Foto: Reuters/F. Bensch
Weltschmerz
O sofrimento pode ser mesquinho ou altruísta, mas nenhuma de suas formas é tão filosoficamente abrangente quanto a "Weltschmerz" ("dor do mundo"). Cunhado pelo escritor Jean Paul, o conceito diagnostica o pessimismo típico do movimento romântico, uma insatisfação crônica e insolúvel com a condição humana. Um sentimento que parece estar novamente em alta, nos últimos anos.
Foto: picture-alliance/dpa/M. Schönherr
Luftschloss
Há quem reaja ao pessimismo construindo castelos nas nuvens: "Luftschloss" ("castelo de ar") significa devaneio, fantasia. Na Alemanha do século 16, "construir um castelo no ar" equivalia a ficar sentado no telhado e sonhar. Para o autor americano Jerome Lawrence, aliás, "neurótico é quem constrói um castelo no ar; psicótico é quem mora dentro; psiquiatra é quem recebe o aluguel".
Foto: Fotolia/crimson
Verschlimmbessern
Na política, urbanismo, artes, medidas sociais ou cirurgia plástica, por vezes a emenda é pior do que o soneto. Ativismo cego, associado a ignorância e incompetência, pode acarretar resultados tragicamente agravantes. Em alemão, o paradoxal termo composto "Verschlimmbessern" ("melhorar piorando") resume esse tipo de boas intenções – das quais, dizem, o inferno está tão cheio.
Foto: MEHR
Futterneid
"Inveja da comida" é observada entre cães: mesmo satisfeito, o animal avança sobre a ração alheia assim que vê um companheiro se alimentar. Contudo, só descobrir que se quer algo quando outro mostra interesse pelo mesmo objeto do desejo também é um defeito demasiado humano. Basta pensar na "Futterneid" de consumidores se digladiando durante uma liquidação. Ou em certas disputas amorosas.
Foto: imago/MITO
Kummerspeck
Você fica deprimido. Para compensar, passa a comer sem controle. Engorda. Todo mundo nota. Os alemães são capazes de exprimir essa cadeia de ocorrências – a materialização da tristeza em tecido adiposo – numa única palavra: "Kummerspeck" ("banha de aflição"). Um diagnóstico que já vem acompanhado do possível antídoto: uma dose de bom humor e autoironia.
Foto: Colourbox/S. Jarry
Backpfeifengesicht
É injusto, até irracional, mas quem não conhece a sensação? Certas pessoas simplesmente despertam um inexplicável impulso de agressão. Uma petulância, um excesso de autossuficiência... Ou talvez elas tenham mesmo "cara de levar tapa". Entre a intenção e o ato, porém, é bom lembrar que a questão é subjetiva, e o simpático rosto de uns pode ser a "Backpfeifengesicht" perfeita para outros.
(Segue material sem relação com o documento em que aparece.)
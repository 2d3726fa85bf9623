-- ===== src/Scheduler/Filters.antt =====
-- The worker filters of pkg/scheduler/scheduler.go. `GetAllWorkers` hands out fresh structs, so the
-- change of `worker.Priority` in place is a new record in the filtered list.
pub mod Fit
use beta.Base.{
  ℕ, String, Bool, true, false, not, ◌&&◌, ◌||◌, Option, none, some, List, [], ◌∷◌, ltb, str_eq,
  non_empty, if◌then◌else◌, keep_if,
}
use beta.Base.Int.{ℤ, pos, ltb_ℤ, ◌-ℤ◌}
use beta.Base.Machine.{i32}
use beta.Types.{
  WorkerStatus, disabled, available, pending, other_status, Worker, ContainerRequest, requires_gpu,
  gpu_any, all_gpu_types, map_get, index_gpus, gpu_types_to_map, contains,
}

abbrev pub gvisor : String
gvisor = "gvisor"

abbrev pub pool_allows : ContainerRequest → Worker → Bool
pool_allows r w =
    non_empty r.pool_selector && str_eq w.pool_name r.pool_selector
    || not (non_empty r.pool_selector) && not w.requires_pool_selector

unfoldable pub filter_workers_by_pool_selector : List Worker → ContainerRequest → List Worker
filter_workers_by_pool_selector workers r = keep_if (pool_allows r) workers

abbrev pub is_disabled : WorkerStatus → Bool
is_disabled disabled = true
is_disabled _ = false

-- The priorities of the requested GPU types: their places in the request, or in the list of all
-- types where the request names "any".
unfoldable pub gpu_requests_map : ContainerRequest → List (String × ℕ)
gpu_requests_map r =
    if contains r.gpu_request gpu_any
    then gpu_types_to_map all_gpu_types
    else index_gpus 0 r.gpu_request []

-- The GPU branch of the loop body: `none` is `continue`.
unfoldable pub admit_gpu : Option ℕ → Worker → ContainerRequest → Option Worker
admit_gpu none w r = none
admit_gpu (some modifier) w r =
    if ltb w.free_gpu_count r.gpu_count
    then none
    else some (record w { priority = i32 (w.priority -ℤ i32 (pos modifier)) })

-- The body of the loop over the workers.
unfoldable pub admit_resources : ContainerRequest → Worker → Option Worker
unfolding admit_gpu
admit_resources r w =
    if ltb_ℤ w.free_cpu r.cpu || ltb_ℤ w.free_memory r.memory
    then none
    else if is_disabled w.status
    then none
    else if requires_gpu r && not (non_empty w.gpu) || not (requires_gpu r) && non_empty w.gpu
    then none
    else if requires_gpu r
    then admit_gpu (map_get w.gpu (gpu_requests_map r)) w r
    else some w

abbrev pub append_some : Option Worker → List Worker → List Worker
append_some none ws = ws
append_some (some w) ws = w ∷ ws

unfoldable pub filter_workers_by_resources : List Worker → ContainerRequest → List Worker
filter_workers_by_resources [] r = []
filter_workers_by_resources (w ∷ ws) r =
    append_some (admit_resources r w) (filter_workers_by_resources ws r)

abbrev pub flags_allow : ContainerRequest → Worker → Bool
flags_allow r w =
    if not r.preemptable && w.preemptable
    then false
    else if r.docker_enabled && not (str_eq w.runtime gvisor)
    then false
    else true

unfoldable pub filter_workers_by_flags : List Worker → ContainerRequest → List Worker
filter_workers_by_flags workers r = keep_if (flags_allow r) workers

-- The three filters in the order of `selectWorker`.
unfoldable pub filter_workers : List Worker → ContainerRequest → List Worker
filter_workers workers r =
    filter_workers_by_flags
      (filter_workers_by_resources (filter_workers_by_pool_selector workers r) r) r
Foto: picture-alliance/AP Photo/E. Vucci
Schadenfreude
Certos termos da língua alemã são considerados intraduzíveis também por revelar realidades que o resto do mundo prefere negar. "Schadenfreude" (literalmente "alegria pelo dano") indica o prazer malicioso com a desgraça alheia. "Quem, eu? Jamais!" Um sentimento quase inconfessável, até por se originar, tantas vezes, em inveja, mesquinharia e egoísmo.
Foto: Reuters/F. Bensch
Fremdschämen
No extremo oposto das emoções complexas, o neologismo "Fremdschämen" ("vergonha alheia") denota uma forma especial de empatia. Incluído nos dicionários em 2009 e eleito palavra do ano na Áustria no ano seguinte, indica aquele constrangimento por tabela, ao se presenciar outra pessoa numa situação embaraçosa. Mas: já que vergonha é um artigo tão escasso, não seria melhor gastá-la consigo mesmo?
Apanhado/a com a mão na cumbuca: usando o sapato preferido da irmã; recebendo suborno da multinacional! "Mas não é nada do que vocês estão pensando..." Esse tipo de aperto tem um nome específico em alemão: "Erklärungsnot" – "necessidade de explicação" ou "apuros explicativos". Ou seja: agora a batata quente está na mão do infrator.
Foto: DW
Treppenwitz
Nada como uma boa anedota para animar uma festa e conquistar simpatias, e você acaba de ter a genial inspiração para uma... só que uns minutos tarde demais, sua oportunidade passou. É uma típica "Treppenwitz" ("piada de escadaria"), expressão originada diretamente do francês "esprit d'escalier", aquele comentário espirituoso que só ocorre ao convidado quando ele já vai descendo as escadas.